Keep your asses down.
Lucas had been told that by other cops, and had even used the phrase himself a few times, but had never been told that by a prosecutor. Maybe there was something about the culture of South Florida that would make the reminder relevant?
“I guess we’ll find out,” he said aloud, that night in bed, in the dark.
Weather was nearly asleep: “What?”
“Just . . . ruminating.”
CHAPTER
THREE
Lucas walked out of the Fort Lauderdale airport’s Terminal Three into a sweaty night that smelled of ocean, even though the airport was a couple of miles from salt water.

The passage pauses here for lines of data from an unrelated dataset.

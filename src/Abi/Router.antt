-- ===== src/Abi/Router.antt =====
-- syscall_handler_main of src/idt.c: its branches by the number of the call.
use my_kernel.Base.{ℕ, List, [], ◌∷◌, ◌++◌}
use my_kernel.Gui.{minus_one, real}
use my_kernel.Gui.Windows.{
  api_create_window, api_add_shape, api_clear_shapes, api_get_key, api_poll_key,
  api_set_window_text,
}
use my_kernel.Gui.Buttons.{create_button, poll_event, clear_gui}
use my_kernel.Abi.{
  Call, Service, Handler, Parts, done, effect, dispatch, put_pixel, draw_rect, draw_string, yield,
  vfs_open, get_shared_memory, vfs_read, vfs_close, vfs_write, malloc, free, exec_app,
  get_process_list, ardaos_delete_file, ardaos_create_dir, ardaos_list_files, sbrk, vfs_list_dir,
  sleep_task,
}
use my_kernel.Abi.Services.{
  api_write_file, api_print, api_clear_terminal, api_exit_app, get_cmd, get_screen, get_mouse,
  get_time, get_window_pos, set_clipboard, get_clipboard,
}
use my_kernel.Abi.Actions.{system_action}

-- The length up to which the terminal looks for the end of a text.
abbrev pub text_limit : ℕ
text_limit = 65536

module _ (parts : Parts) (c : Call) where
  -- `service(...); return 1;`
  abbrev served : Service → Handler
  served s = done (effect parts s)

  abbrev pub branches_to_13 : List (ℕ × Handler)
  branches_to_13 =
      (1, served (put_pixel c.arg1 c.arg2 c.arg3))
      ∷ (2, served (draw_rect c.arg1 c.arg2 c.arg3 c.arg4 c.arg5))
      ∷ (3, served (draw_string c.arg1 c.arg2 c.arg3 c.arg4 c.arg5))
      ∷ (4, served yield)
      ∷ (5, done (api_add_shape c.arg1 c.arg2 c.arg3 c.arg4 c.arg5))
      ∷ (6, api_get_key)
      ∷ (7, done api_clear_shapes)
      ∷ (8, api_create_window c.arg1 c.arg2 c.arg3)
      ∷ (9, done (api_exit_app parts))
      ∷ (10, api_write_file parts c.arg1 c.arg2 c.arg3)
      ∷ (11, λ k. parts (vfs_open (real c.arg1 k) (real c.arg2 k)) k)
      ∷ (12, done (api_print text_limit c.arg1))
      ∷ (13, api_poll_key)
      ∷ []

  abbrev pub branches_to_28 : List (ℕ × Handler)
  branches_to_28 =
      (14, parts get_shared_memory)
      ∷ (15, λ k. parts (vfs_read c.arg1 (real c.arg2 k) c.arg3) k)
      ∷ (16, served (vfs_close c.arg1))
      ∷ (17, λ k. parts (vfs_write c.arg1 (real c.arg2 k) c.arg3) k)
      ∷ (18, λ k. (k.app_base, k))
      ∷ (19, parts (malloc c.arg1))
      ∷ (20, λ k. (0, effect parts (free c.arg1) k))
      ∷ (21, λ k. parts (exec_app (real c.arg1 k) (real c.arg2 k)) k)
      ∷ (22, get_cmd c.arg1)
      ∷ (23, done (λ k. effect parts (get_process_list (real c.arg1 k)) k))
      ∷ (24, done api_clear_terminal)
      ∷ (25, done (λ k. record k { task_to_kill = c.arg1 }))
      ∷ (26, λ k. parts (ardaos_delete_file (real c.arg1 k) (real c.arg2 k)) k)
      ∷ (27, λ k. parts (ardaos_create_dir (real c.arg1 k)) k)
      ∷ (28, done (λ k. effect parts (ardaos_list_files (real c.arg1 k)) k))
      ∷ []

  abbrev pub branches_to_37 : List (ℕ × Handler)
  branches_to_37 =
      (29, done (system_action parts c.arg1 c.arg2))
      ∷ (30, done (λ k. api_set_window_text (real c.arg1 k) k))
      ∷ (31, done (get_screen c.arg1 c.arg2 c.arg3))
      ∷ (32, done (get_mouse c.arg1 c.arg2 c.arg3))
      ∷ (33, done (get_time c.arg1 c.arg2))
      ∷ (34, parts (sbrk c.arg1))
      ∷ (35, get_window_pos c.arg1 c.arg2 c.arg3 c.arg4 c.arg5)
      ∷ (36, done (set_clipboard c.arg1))
      ∷ (37, done (get_clipboard c.arg1))
      ∷ []

  abbrev pub branches_to_43 : List (ℕ × Handler)
  branches_to_43 =
      (38, create_button c.arg1 c.arg2 c.arg3 c.arg4 c.arg5)
      ∷ (39, poll_event c.arg1)
      ∷ (40, λ k. parts (vfs_list_dir (real c.arg1 k) (real c.arg2 k)) k)
      ∷ (41, clear_gui)
      ∷ (43, served (sleep_task c.arg1))
      ∷ []

  unfoldable pub syscall_handler_main : Handler
  syscall_handler_main =
      dispatch c.sys_num (branches_to_13 ++ branches_to_28 ++ branches_to_37 ++ branches_to_43)
        (λ k. (minus_one, k))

He got lost trying to find a shuttle bus ride to Terminal One, where the car rental services were located. He finally walked there, cutting across a parking structure, dragging his roller bag. He rented a Nissan Pathfinder, drove north up I-95 and checked into the TRYP Hotel, with a room overlooking a complex of on- and off-ramps.
Bob was already at the hotel and when Lucas called his room, Bob said, “I’ve spotted what looks like a decent seafood restaurant that we can walk to. From the satellite photo, it looks like they’ll have a nice view of a marina.”
“Give me a half hour. I want to wash the airplane off and knock on the task force leader’s door and say hello . . .”
Lucas spent five minutes in the shower, pulled on jeans, a T-shirt, and a sport coat, then went up a floor and knocked on Dale Weaver’s door. They’d talked on the phone and Weaver seemed like a congenial guy, for an FBI supervisory agent, anyway, and Lucas had told him that he’d stop up when he got to the hotel.
Weaver came to the door, a stocky man with a square face, lined by years and maybe tobacco, balding, showing white in what was left of his originally reddish hair. He was wearing a T-shirt and gray sweatpants. The run-up to Monday Night Football was playing on a TV behind him. He smiled and said, “Davenport—you look just like your picture on the internet.”